A Igreja pode ser considerada como uma família, chamada a ser fermento, símbolo e sacramento da unidade de todo o género humano, na comunhão com Deus e os irmãos. Seremos verdadeiramente sinais de fraternidade, pessoas abertas e acolhedoras, sempre dispostas a integrar novos membros na comunidade, mesmo que já tenham pertencido à família dos discípulos de Jesus e se tenham afastado, ou, pelo contrário, empurramos para fora quem não cai na nossa simpatia? Fazemos aceção de pessoas ou temos um amor preferencial pelos mais fracos, pobres, doentes, crianças, idosos, pecadores?

Se na família eclesial há desavenças e desigualdades, elas são muito maiores na sociedade a que pertencemos. Mesmo nas manifestações de descontentamento com as políticas de austeridade nota-se alguma contradição, cujas causas são mais profundas que os cortes nas remunerações e nas reformas. Nas multidões de manifestantes ou nos grupos mais pequenos sabemos que não há o espírito de família, mas interesses pessoais ou de classe. Quando até os reformados milionários manifestam descontentamento, embora entre eles esteja também quem contribuiu para a crise, administrando empresas em seu favor, esquecendo-se que, acima de direitos adquiridos, está a justiça, o bem comum, o destino universal dos bens, a solidariedade e a fraternidade, radicada na dignidade e igualdade da pessoa humana.
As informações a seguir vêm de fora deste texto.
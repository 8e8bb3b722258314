-- ===== src/Text/Decimal.antt =====
-- arg(uint) and toUInt: decimal numerals.
use kde_nasmount.Prelude.{
  ℕ, zero, suc, ◌+◌, ◌-◌, ◌*◌, ◌/◌, ◌%◌, ◌^◌, ◌<◌, Bool, true, false, ◌&&◌, Option, none, some, [],
  ◌∷◌, ◌≡◌, refl, arith, ltb, leb, if◌then◌else◌, Bool-cases, inl, inr, not, ◌||◌, ap, ◌∙◌,
}
use native.Mathlib.Nat.{pow-suc}
use kde_nasmount.Text.{Text, contains, is_empty}

abbrev pub is_digit : ℕ → Bool
is_digit c = leb b'0' c && leb c b'9'

abbrev pub all_units : (ℕ → Bool) → Text → Bool
all_units p [] = true
all_units p (c ∷ t) = p c && all_units p t

-- Ten digits are enough for a 32-bit number.
digits_onto : ℕ → ℕ → Text → Text
digits_onto zero n acc = acc
digits_onto (suc fuel) n acc =
    let more = digits_onto fuel (n / 10) ((b'0' + n % 10) ∷ acc) in
    if ltb n 10 then (b'0' + n) ∷ acc else more

unfoldable pub decimal : ℕ → Text
unfolding digits_onto
decimal n = digits_onto 10 n []

read_digits : ℕ → Text → ℕ
read_digits acc [] = acc
read_digits acc (c ∷ t) = read_digits (acc * 10 + (c - b'0')) t

-- toUInt on a text of decimal digits, the only texts that the program passes to it.
unfoldable pub to_uint : Text → Option ℕ
unfolding read_digits
to_uint t =
    if is_empty t || not (all_units is_digit t)
    then none
    else (let n = read_digits 0 t in if ltb n (2 ^ 32) then some n else none)

-- Printing takes digits off the end, reading them puts the number together again.
read_digits-digits_onto :
    (fuel n : ℕ) (acc : Text)
    → n < 10 ^ fuel
    → read_digits 0 (digits_onto fuel n acc) ≡ read_digits n acc
unfolding read_digits digits_onto
read_digits-digits_onto zero n acc h = rw (zero_of n h)
  where
    zero_of : (n : ℕ) → n < 10 ^ 0 → n ≡ 0
    zero_of n h = omega arith
read_digits-digits_onto (suc fuel) n acc h = elim (Bool-cases (ltb n 10)) [
  | inl small ↦ rw small (ap (λ d. read_digits d acc) (ground arith))
  | inr big ↦ rw big (
      read_digits-digits_onto fuel (n / 10) _ (omega (arith, rw pow-suc at h))
      ∙ ap (λ d. read_digits d acc) (omega arith))
]

digits_onto_digits :
    (fuel n : ℕ) (acc : Text)
    → n < 10 ^ fuel
    → all_units is_digit acc ≡ true
    → all_units is_digit (digits_onto fuel n acc) ≡ true
unfolding digits_onto
digits_onto_digits zero n acc h d = d
digits_onto_digits (suc fuel) n acc h d = elim (Bool-cases (ltb n 10)) [
  | inl small ↦ ground arith
  | inr big ↦
      rw big (digits_onto_digits fuel (n / 10) _ (omega (arith, rw pow-suc at h)) (ground arith))
]

digits_onto_fuel :
    (fuel n : ℕ) (acc : Text) → is_empty acc ≡ false → is_empty (digits_onto fuel n acc) ≡ false
unfolding digits_onto
digits_onto_fuel zero n acc h = h
digits_onto_fuel (suc fuel) n acc h =
    ground (arith, digits_onto_fuel fuel (n / 10) ((b'0' + n % 10) ∷ acc))

pub decimal_digits : (n : ℕ) → n < 2 ^ 32 → all_units is_digit (decimal n) ≡ true
unfolding decimal
decimal_digits n h = digits_onto_digits 10 n [] (omega arith) refl

pub decimal_nonempty : (n : ℕ) → is_empty (decimal n) ≡ false
unfolding decimal digits_onto
decimal_nonempty n = ground (arith, digits_onto_fuel 9 (n / 10) ((b'0' + n % 10) ∷ []))

read_digits-decimal : (n : ℕ) → n < 2 ^ 32 → read_digits 0 (decimal n) ≡ n
unfolding decimal
read_digits-decimal n h =
    read_digits-digits_onto 10 n [] (omega arith) ∙ (unfold read_digits in refl)

-- A 32-bit number is read back from its numeral.
pub to_uint-decimal : (n : ℕ) → n < 2 ^ 32 → to_uint (decimal n) ≡ some n
unfolding to_uint
to_uint-decimal n h =
    rw (decimal_nonempty n, decimal_digits n h, read_digits-decimal n h) (ground arith)

pub to_uint_bound : (t : Text) (n : ℕ) → to_uint t ≡ some n → n < 2 ^ 32
unfolding to_uint
to_uint_bound t n h = ground arith

-- A text of digits has no other unit in it.
pub digits_lack :
    (t : Text) (c : ℕ) → all_units is_digit t ≡ true → is_digit c ≡ false → contains t c ≡ false
unfolding contains
digits_lack [] c h n = refl
digits_lack (x ∷ t) c h n = ground (arith, digits_lack t c)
Os governos eleitos democraticamente têm de orientar as políticas por esses princípios fundamentais, e não a partir de interesses de classes ou lobbies.

Mas é difícil conseguir o equilíbrio nas sociedades num mundo global,respeitando a liberdade e a dignidade das pessoas e o princípio da subsidiariedade da sociedade civil. Há sempre fugas, pois nem todos os países e instituições seguem os mesmos princípios.

 

3. Chamados a reconciliar a família humana

No meio deste panorama complexo, os cristãos, olhando para a vida e mensagem de Jesus Cristo, precisam de se converter e orientar as suas vidas e ação no sentido de curar muitas feridas e ajudar a restaurar o sentido de família e de povo.

S. Paulo, na segunda carta aos Coríntios (5, 15 ss), exorta os leitores a ser embaixadores de Cristo e instrumentos de reconciliação. Eis aqui bem definida a missão da Igreja, hoje mais necessária que nunca. Reconciliados com Deus e com o nosso próximo, alargando os nossos olhares para além dos nossos grupos e comunidades, sentindo o sofrimento do nosso povo e da humanidade, não podemos cruzar os braços.

Bento XVI, Papa emérito, concretizando o evangelho e a doutrina social da Igreja para o nosso tempo, deixou-nos um magistério clarividente, que muito nos ajudará a discernir o nosso papel na Igreja e na sociedade. Invoquemos a luz do alto para a eleição do novo Papa, sucessor de Pedro e garante da comunhão eclesial, para que, em união com o colégio episcopal, dê um forte impulso à missão da Igreja na atualidade.